= Exercise goal =
Your task is to output the data exactly as it stands.

Stored data entries:
---

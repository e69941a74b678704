-- ===== src/RenPy/Pickle/Value.antt =====
-- src/modules/renpy/pickle.h, pickle.cpp: the values. Each container carries the depth that the code
-- caches in `depth_`. An unordered_map is a list of keys and values in the order of insertion; the
-- program depends on that order nowhere but in the order of a listing.
use observer_modules.Prelude.{
  ℕ, ◌+◌, Bool, true, false, ◌&&◌, List, [], ◌∷◌, max, ltb, leb, ◌==◌, if◌then◌else◌, bytes_eq,
  Option, none, some,
}
use observer_modules.Prelude.Int.{ℤ}
use observer_modules.Failure.{runtime_error, Result, ok, throw, ◌>>=◌}

mutual
  pub data Value : Type 0 where
    null : Value
    boolean : Bool → Value
    int64 : ℤ → Value
    -- the bits of the double
    float64 : ℕ → Value
    bytes : List ℕ → Value
    string : List ℕ → Value
    list : ℕ → Items → Value
    tuple : ℕ → Items → Value
    dict : ℕ → Fields → Value

  pub data Items : Type 0 where
    nil : Items
    cons : Value → Items → Items

  pub data Fields : Type 0 where
    end : Fields
    field : List ℕ → Value → Fields → Fields

abbrev pub max_depth : ℕ
max_depth = 64

-- The member `depth_`: zero for what is no container.
abbrev pub depth_ : Value → ℕ
depth_ (list d xs) = d
depth_ (tuple d xs) = d
depth_ (dict d fs) = d
depth_ v = 0

abbrev pub to_items : List Value → Items
to_items [] = nil
to_items (v ∷ vs) = cons v (to_items vs)

abbrev pub from_items : Items → List Value
from_items nil = []
from_items (cons v vs) = v ∷ from_items vs

abbrev pub append_items : Items → Items → Items
append_items nil ys = ys
append_items (cons x xs) ys = cons x (append_items xs ys)

-- A value_ptr on the stack is never null, so the first test of the code has no counterpart.
unfoldable pub checked_child_depth : Value → Result ℕ
checked_child_depth child =
    if leb max_depth (depth_ child)
    then throw (runtime_error "Pickle nesting limit exceeded")
    else ok (depth_ child + 1)

-- The fold of both overloads of `container_depth`, from the depth so far.
unfoldable pub items_depth : ℕ → Items → Result ℕ
unfolding checked_child_depth
items_depth depth nil = ok depth
items_depth depth (cons child children) = do
  d ← checked_child_depth child
  items_depth (max depth d) children

unfoldable pub fields_depth : ℕ → Fields → Result ℕ
unfolding checked_child_depth
fields_depth depth end = ok depth
fields_depth depth (field key child rest) = do
  d ← checked_child_depth child
  fields_depth (max depth d) rest

-- value::list, value::tuple, value::dict
unfoldable pub make_list : Items → Result Value
unfolding items_depth
make_list xs = do d ← items_depth 1 xs; ok (list d xs)

unfoldable pub make_tuple : Items → Result Value
unfolding items_depth
make_tuple xs = do d ← items_depth 1 xs; ok (tuple d xs)

unfoldable pub make_dict : Fields → Result Value
unfolding fields_depth
make_dict fs = do d ← fields_depth 1 fs; ok (dict d fs)

-- `value::append` of one child and of a list, on the list of depth `depth`.
unfoldable pub append_child : ℕ → Items → Value → Result Value
unfolding checked_child_depth
append_child depth xs child = do
  d ← checked_child_depth child
  ok (list (max depth d) (append_items xs (cons child nil)))

unfoldable pub append_children : ℕ → Items → Items → Result Value
unfolding items_depth
append_children depth xs children = do
  d ← items_depth 1 children
  ok (list (max depth d) (append_items xs children))

-- unordered_map: find, insert_or_assign, size
unfoldable pub find : List ℕ → Fields → Option Value
find key end = none
find key (field k v rest) = if bytes_eq k key then some v else find key rest

unfoldable pub assign : List ℕ → Value → Fields → Fields
assign key child end = field key child end
assign key child (field k v rest) =
    if bytes_eq k key then field k child rest else field k v (assign key child rest)

-- Whether the child that goes was the deepest and the new one is not.
unfoldable pub must_recompute : ℕ → ℕ → Option Value → Bool
must_recompute depth child_depth none = false
must_recompute depth child_depth (some existing) =
    depth_ existing + 1 == depth && ltb child_depth depth

-- The end of `value::set`: the depth is counted anew, or is `depth`.
unfoldable pub with_depth : Bool → ℕ → Fields → Result Value
unfolding fields_depth
with_depth true depth target = do d ← fields_depth 1 target; ok (dict d target)
with_depth false depth target = ok (dict depth target)

-- value::set
unfoldable pub set_field : ℕ → Fields → List ℕ → Value → Result Value
unfolding checked_child_depth find assign must_recompute with_depth
set_field depth fs key child = do
  child_depth ← checked_child_depth child
  let target : Fields = assign key child fs
  with_depth (must_recompute depth child_depth (find key fs)) (max depth child_depth) target

-- clone, clone_list, clone_dict
unfoldable mutual
  unfolding make_list make_tuple make_dict

  pub clone : Value → Result Value
  clone (list d xs) = do ys ← clone_items xs; make_list ys
  clone (tuple d xs) = do ys ← clone_items xs; make_tuple ys
  clone (dict d fs) = do gs ← clone_fields fs; make_dict gs
  clone null = ok null
  clone (boolean b) = ok (boolean b)
  clone (int64 n) = ok (int64 n)
  clone (float64 n) = ok (float64 n)
  clone (bytes s) = ok (bytes s)
  clone (string s) = ok (string s)

  pub clone_items : Items → Result Items
  clone_items nil = ok nil
  clone_items (cons v vs) = do w ← clone v; ws ← clone_items vs; ok (cons w ws)

  pub clone_fields : Fields → Result Fields
  clone_fields end = ok end
  clone_fields (field k v rest) = do w ← clone v; ws ← clone_fields rest; ok (field k w ws)

-- The accessors.
unfoldable pub as_int64 : Value → Result ℤ
as_int64 (int64 n) = ok n
as_int64 v = throw (runtime_error "Value is not an int64")

unfoldable pub as_string : Value → Result (List ℕ)
as_string (string s) = ok s
as_string (bytes s) = ok s
as_string v = throw (runtime_error "Value is not a string")

unfoldable pub as_list : Value → Result Items
as_list (list d xs) = ok xs
as_list v = throw (runtime_error "Value is not a list")

unfoldable pub as_tuple : Value → Result Items
as_tuple (tuple d xs) = ok xs
as_tuple v = throw (runtime_error "Value is not a tuple")

unfoldable pub as_dict : Value → Result Fields
as_dict (dict d fs) = ok fs
as_dict v = throw (runtime_error "Value is not a dict")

---

= Expected output =
repository e69941a74b678704
-- ===== src/RenPy/Pickle/Value.antt =====
-- src/modules/renpy/pickle.h, pickle.cpp: the values. Each container carries the depth that the code
-- caches in `depth_`. An unordered_map is a list of keys and values in the order of insertion; the
-- program depends on that order nowhere but in the order of a listing.
use observer_modules.Prelude.{
  ℕ, ◌+◌, Bool, true, false, ◌&&◌, List, [], ◌∷◌, max, ltb, leb, ◌==◌, if◌then◌else◌, bytes_eq,
  Option, none, some,
}
use observer_modules.Prelude.Int.{ℤ}
use observer_modules.Failure.{runtime_error, Result, ok, throw, ◌>>=◌}

mutual
  pub data Value : Type 0 where
    null : Value
    boolean : Bool → Value
    int64 : ℤ → Value
    -- the bits of the double
    float64 : ℕ → Value
    bytes : List ℕ → Value
    string : List ℕ → Value
    list : ℕ → Items → Value
    tuple : ℕ → Items → Value
    dict : ℕ → Fields → Value

  pub data Items : Type 0 where
    nil : Items
    cons : Value → Items → Items

  pub data Fields : Type 0 where
    end : Fields
    field : List ℕ → Value → Fields → Fields

abbrev pub max_depth : ℕ
max_depth = 64

-- The member `depth_`: zero for what is no container.
abbrev pub depth_ : Value → ℕ
depth_ (list d xs) = d
depth_ (tuple d xs) = d
depth_ (dict d fs) = d
depth_ v = 0

abbrev pub to_items : List Value → Items
to_items [] = nil
to_items (v ∷ vs) = cons v (to_items vs)

abbrev pub from_items : Items → List Value
from_items nil = []
from_items (cons v vs) = v ∷ from_items vs

abbrev pub append_items : Items → Items → Items
append_items nil ys = ys
append_items (cons x xs) ys = cons x (append_items xs ys)

-- A value_ptr on the stack is never null, so the first test of the code has no counterpart.
unfoldable pub checked_child_depth : Value → Result ℕ
checked_child_depth child =
    if leb max_depth (depth_ child)
    then throw (runtime_error "Pickle nesting limit exceeded")
    else ok (depth_ child + 1)

-- The fold of both overloads of `container_depth`, from the depth so far.
unfoldable pub items_depth : ℕ → Items → Result ℕ
unfolding checked_child_depth
items_depth depth nil = ok depth
items_depth depth (cons child children) = do
  d ← checked_child_depth child
  items_depth (max depth d) children

unfoldable pub fields_depth : ℕ → Fields → Result ℕ
unfolding checked_child_depth
fields_depth depth end = ok depth
fields_depth depth (field key child rest) = do
  d ← checked_child_depth child
  fields_depth (max depth d) rest

-- value::list, value::tuple, value::dict
unfoldable pub make_list : Items → Result Value
unfolding items_depth
make_list xs = do d ← items_depth 1 xs; ok (list d xs)

unfoldable pub make_tuple : Items → Result Value
unfolding items_depth
make_tuple xs = do d ← items_depth 1 xs; ok (tuple d xs)

unfoldable pub make_dict : Fields → Result Value
unfolding fields_depth
make_dict fs = do d ← fields_depth 1 fs; ok (dict d fs)

-- `value::append` of one child and of a list, on the list of depth `depth`.
unfoldable pub append_child : ℕ → Items → Value → Result Value
unfolding checked_child_depth
append_child depth xs child = do
  d ← checked_child_depth child
  ok (list (max depth d) (append_items xs (cons child nil)))

unfoldable pub append_children : ℕ → Items → Items → Result Value
unfolding items_depth
append_children depth xs children = do
  d ← items_depth 1 children
  ok (list (max depth d) (append_items xs children))

-- unordered_map: find, insert_or_assign, size
unfoldable pub find : List ℕ → Fields → Option Value
find key end = none
find key (field k v rest) = if bytes_eq k key then some v else find key rest

unfoldable pub assign : List ℕ → Value → Fields → Fields
assign key child end = field key child end
assign key child (field k v rest) =
    if bytes_eq k key then field k child rest else field k v (assign key child rest)

-- Whether the child that goes was the deepest and the new one is not.
unfoldable pub must_recompute : ℕ → ℕ → Option Value → Bool
must_recompute depth child_depth none = false
must_recompute depth child_depth (some existing) =
    depth_ existing + 1 == depth && ltb child_depth depth

-- The end of `value::set`: the depth is counted anew, or is `depth`.
unfoldable pub with_depth : Bool → ℕ → Fields → Result Value
unfolding fields_depth
with_depth true depth target = do d ← fields_depth 1 target; ok (dict d target)
with_depth false depth target = ok (dict depth target)

-- value::set
unfoldable pub set_field : ℕ → Fields → List ℕ → Value → Result Value
unfolding checked_child_depth find assign must_recompute with_depth
set_field depth fs key child = do
  child_depth ← checked_child_depth child
  let target : Fields = assign key child fs
  with_depth (must_recompute depth child_depth (find key fs)) (max depth child_depth) target

-- clone, clone_list, clone_dict
unfoldable mutual
  unfolding make_list make_tuple make_dict

  pub clone : Value → Result Value
  clone (list d xs) = do ys ← clone_items xs; make_list ys
  clone (tuple d xs) = do ys ← clone_items xs; make_tuple ys
  clone (dict d fs) = do gs ← clone_fields fs; make_dict gs
  clone null = ok null
  clone (boolean b) = ok (boolean b)
  clone (int64 n) = ok (int64 n)
  clone (float64 n) = ok (float64 n)
  clone (bytes s) = ok (bytes s)
  clone (string s) = ok (string s)

  pub clone_items : Items → Result Items
  clone_items nil = ok nil
  clone_items (cons v vs) = do w ← clone v; ws ← clone_items vs; ok (cons w ws)

  pub clone_fields : Fields → Result Fields
  clone_fields end = ok end
  clone_fields (field k v rest) = do w ← clone v; ws ← clone_fields rest; ok (field k w ws)

-- The accessors.
unfoldable pub as_int64 : Value → Result ℤ
as_int64 (int64 n) = ok n
as_int64 v = throw (runtime_error "Value is not an int64")

unfoldable pub as_string : Value → Result (List ℕ)
as_string (string s) = ok s
as_string (bytes s) = ok s
as_string v = throw (runtime_error "Value is not a string")

unfoldable pub as_list : Value → Result Items
as_list (list d xs) = ok xs
as_list v = throw (runtime_error "Value is not a list")

unfoldable pub as_tuple : Value → Result Items
as_tuple (tuple d xs) = ok xs
as_tuple v = throw (runtime_error "Value is not a tuple")

unfoldable pub as_dict : Value → Result Fields
as_dict (dict d fs) = ok fs
as_dict v = throw (runtime_error "Value is not a dict")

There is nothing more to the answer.